My two eyes thus give me two distinct visions of the world. Through my left eye I behold crystal-sharp video of boring ol’ reality. Through my right eye I view translucent, glitched-out Found Footage of every crap ‘80s action movie. These overlap. My right eye’s performance yet remains high enough to allow stereo vision, and keep the objects from each video feed in roughly the same ocular location, but it’s far from perfect. They wander. My left eye’s dominance means I don’t really notice the right eye’s image-wandering unless I’m paying conscious attention, but when I do, it’s rather noticeable. My left eye’s crystal-sharp images have shimmery haloes of sex and drugs and rock and roll.

I’d been wondering about getting a contact lens or reading glasses, or maybe even a monocle. Turns out no. There’s this Thing called neuroplasticity. Long story short, if you upgrade the quality of one’s eye inputs with glasses and suchlike, the brain’s vision processing-bits adapt to match. They’re plastic. And this adaptation diminishes with age. Right now, at age 39, sure, I could absolutely wear reading glasses for my right eye, and this would fix the ocular out-of-focus effect. No more sepia Vaseline and Hefner. But the second effect, the neural glitchy bitrate Mafia effect, would persist.

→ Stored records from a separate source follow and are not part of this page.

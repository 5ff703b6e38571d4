-- ===== src/Lib.antt =====
-- serverlite's slite library, a reactor with TCP connections and codecs on top, as executable
-- definitions, with theorems on what each part promises.
--
-- The loop of a thread waits in epoll for its channels, calls their callbacks, and runs the tasks
-- that were pushed to it. A TCPConnection owns a channel, and two buffers; a codec turns the
-- received bytes into messages for the callbacks of a server.
--
--   Base: tests on numbers, lists, machine words (big-endian 32-bit fields) and finite maps.
--   Framing: the loop that both codecs have, as rounds that wait, fail, or hand out events and
--   leave a shorter buffer. It runs on fuel, the length of the buffer, which is enough since a
--   round takes at least one byte.
--   Protobuf/Runtime, Codec, Lite: src/slite/protobuf. libprotobuf and adler32 are a parameter,
--   with their documented behaviour as a hypothesis where a theorem needs it; Toy is an instance
--   to run.
--   Reactor/Channel: src/slite/Channel.cc with updateChannel and removeChannel of EventLoop.cc.
--   The model records the calls of epoll_ctl; what they do is the record Epoll.
--   Reactor/Loop: loop, pushTask, runTask, quit and doTask of src/slite/EventLoop.cc, as steps of
--   the loop's thread and of others. pushTask and quit of another thread are several steps: the
--   mutex covers only the push_back.
--   Reactor/Thread: src/slite/EventLoopThread.cc, startLoop, threadFunc and the destructor as
--   steps of two threads.
--   Reactor/Timer: src/slite/Timer.cc, runAfter, runEvery and cancel. Times are whole
--   milliseconds.
--   Tcp/Connection: src/slite/TCPConnection.cc. Each step takes the kernel's answer as an
--   argument; a failed assert is none.
--   Tcp/Connection/Queue: the byte queue that a connection promises to be.
--   Link: ProtobufCodec on two connections, from one end to the other.
--   Tcp/Connection/Live: the steps that cannot fail on a connection that is up.
--   Tcp/Handle: the descriptors of src/slite/TCPHandle.cc, its calls of open and close recorded.
--   Tcp/Acceptor: src/slite/Acceptor.cc, but for handleRecv, which stands in Tcp/Server.
--   Tcp/Connector: src/slite/Connector.cc; the channel of an attempt, and the waits between
--   attempts.
--   Tcp/Client: src/slite/TCPClient.cc over the connector; the calls on its connections are
--   recorded.
--   Tcp/Server: src/slite/TCPServer.cc, with Acceptor::handleRecv and EventLoopThreadPool; the
--   tasks for the loops of the connections are recorded.
--   ThreadPool: src/slite/ThreadPool.cc, callers and workers as steps, with the callers that
--   sleep on notFull_; the notices to workers are left out.
--   Rpc: src/slite/protorpc; calls and their responses, requests and their answers.
--   Rpc/Wire: RpcChannel::onMessage with its codec, on bytes.
--   Rpc/Objects: what RpcChannel deletes, to its destructor.
--   Http: src/slite/http, the loop of HTTPCodec::onMessage on fuel, the length of the buffer and
--   two, which is enough since each line takes at least two bytes.
--   Protobuf/Dispatcher: src/slite/protobuf/ProtobufDispatcher.h; GetDescriptor and dynamic_cast
--   are parameters.
--   Http/Server: src/slite/http/HTTPServer.cc; the file system is a parameter.
--   MemoryDb: examples/memdb.cc, its parser on fuel, the length of the buffer and one, which is
--   enough since each line takes at least two bytes, and its store.
--   SubPub: examples/subpub.cc, SubPub/Receiving its subscribers; its loop is on fuel, the length
--   of the buffer and one, which is enough since each round takes at least one byte.
--   Servers: the callbacks of examples/simple_server.cc and echoserver.cc on a connection,
--   Servers/Limit: examples/max_connection.cc, and Servers/Query: examples/protobuf_server.cc.
--   MessageQueue: examples/mq/MessageQueue.cc.
--   Pingpong: examples/pingpong_bench.cc, its callbacks in any order.
--   Logs: src/slite/AsyncLogger.cc, its backend as steps, Logs/File: src/slite/Logging.cc, and
--   Logs/Logger: the statements of src/slite/Logger.cc.
--
-- Lengths that passed a codec's range check are natural numbers, as their int arithmetic cannot
-- overflow; the 32-bit length field itself is read as a signed number with its wrap-around. Not
-- modelled: main of the example programs; the formatting of times, socket options and addresses,
-- which only call the system; and the tests and maxconn_bench.c, which have no logic of their
-- own.
pub mod Base
pub mod Framing
pub mod Http
pub mod Link
pub mod Logs
pub mod MemoryDb
pub mod MessageQueue
pub mod Pingpong
pub mod Protobuf
pub mod Reactor
pub mod Rpc
pub mod Servers
pub mod SubPub
pub mod Tcp
pub mod ThreadPool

The eyeglass itself would strengthen my right eye’s image all right, so the optometrist informed me, and if I’d done this as a kid, my childlike neuroplasticity would compensate pronto and all would be well, but attempting this at 39 merely means that my brain would balk and my strengthened right-eye debauchery halo would persist forever. Also Specsavers haven’t made monocles in decades.